== Segment start ==

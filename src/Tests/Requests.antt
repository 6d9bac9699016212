-- ===== src/Tests/Requests.antt =====
-- Requests for containers and tokens, and what a node is sent.
use hambo.Base.{String, false, List, [], ◌∷◌, ◌≡◌, refl, ok, dec_string, some, Option, arith}
use hambo.Base.Int.{ℤ, pos}
use hambo.Store.{Entry, UniqueKeys, find_entry}
use hambo.Store.Memory.{find, erase, put, entries}
use hambo.Store.Collection.{get_tx, list_tx, decode_all, decode_entry}
use hambo.Store.Collection
use hambo.Store.Tx.{write_tx, view}
use hambo.Model.Container.{Container, running, pending}
use hambo.Token.{Token}
use hambo.Watch.{new_node_watcher, is_closed, watch, channel_of, forget, notify}
use hambo.Watch.Valid.{Call, watches, notifies, run, apply}
use hambo.Watch.Wakeups.{notified}
use hambo.Api.Http.{
  Incoming, value, end_of_input, too_large, read_json, write_json, write_error_json,
}
use hambo.Api.Containers.{created, has_name, create_tx}
use hambo.Api.Report.{ReportNodeStatusRequest}
use hambo.Api.Report.Handler.{report_handler, report_handler-failed}
use hambo.Api.Tokens.{create_token_handler, lifetime, create_token_tx}
use hambo.Api.Tokens.Lifetime.{Stored, create_token_handler-Stored}
use hambo.Api.WatchNode.{assignment, snapshot, round}
use hambo.Api.WatchNode.Snapshot.{round-wakes}
use hambo.Tests.Fixtures.{Db, collections, collections-AreLawful, no_faults, container_on, busy_db}

abbrev pub new : Container
new = created "c3" (record { name = "web"; image = "busybox" }) 110

abbrev pub created_db : Db
created_db = record busy_db {
  containers = some (
      ("c3", new)
      ∷ ("c1", container_on "c1" "a" running)
      ∷ ("c2", container_on "c2" "" pending)
      ∷ []);
}

pub created_db-reached : create_tx collections new busy_db ≡ ok (tt, created_db)
unfolding create_tx has_name list_tx decode_all decode_entry Collection.create_tx find put erase
    entries dec_string
created_db-reached = refl

abbrev an_hour : String → Option ℤ
an_hour s = some (pos 3600000000000)

abbrev hash : String → String
hash s = s

abbrev generated : Token
generated = record { ca_fingerprint = "f"; secret = "s" }

abbrev token_request : Incoming String
token_request = record {
  media_type = some "application/json";
  first = value "1h";
  rest = end_of_input;
}

create_token_handler-Stored_example :
    Stored collections an_hour hash 110 generated
      (create_token_handler collections an_hour hash no_faults 110
        (ok generated)
        token_request
        busy_db).0
      busy_db
      (create_token_handler collections an_hour hash no_faults 110
        (ok generated)
        token_request
        busy_db).1
unfolding create_token_handler lifetime create_token_tx read_json write_json write_tx
    Collection.create_tx find put erase dec_string
create_token_handler-Stored_example =
    create_token_handler-Stored collections an_hour hash collections-AreLawful no_faults 110
      generated token_request busy_db refl

abbrev oversized : Incoming ReportNodeStatusRequest
oversized = record { media_type = some "application/json"; first = too_large; rest = end_of_input }

report_handler-failed_example :
    (report_handler hash collections no_faults 110 (some "a") oversized busy_db).1 ≡ busy_db
unfolding report_handler read_json write_error_json write_json dec_string
report_handler-failed_example =
    report_handler-failed hash collections no_faults 110 (some "a") oversized busy_db
      (λ e. absurd (omega (arith, e)))

abbrev listing : List (Entry Container)
listing =
    record { key = "c1"; value = container_on "c1" "a" running }
    ∷ record { key = "c2"; value = container_on "c2" "" pending }
    ∷ []

listing-UniqueKeys : UniqueKeys listing
unfolding find_entry dec_string
listing-UniqueKeys = (refl, (refl, tt))

abbrev before : List Call
before = watches "a" ∷ notifies "a" ∷ []

abbrev after : List Call
after = watches "b" ∷ notifies "a" ∷ []

round-wakes_example :
    is_closed 1
      (run after
        (round collections no_faults false "a" (run before new_node_watcher) busy_db).1).closed
    ≡ notified "a" after
unfolding round run apply watch notify channel_of forget view list_tx decode_all decode_entry
    entries erase snapshot dec_string
round-wakes_example =
    round-wakes collections no_faults false "a" before after busy_db
      (assignment (container_on "c1" "a" running) ∷ []) 1 refl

== Segment end ==

Aim of the exercise:
All that the answer may hold is the lines from the one with "round-wakes collections no_faults" through the end of the data, set down exactly as they appear.

Answer section:
    round-wakes collections no_faults false "a" before after busy_db
      (assignment (container_on "c1" "a" running) ∷ []) 1 refl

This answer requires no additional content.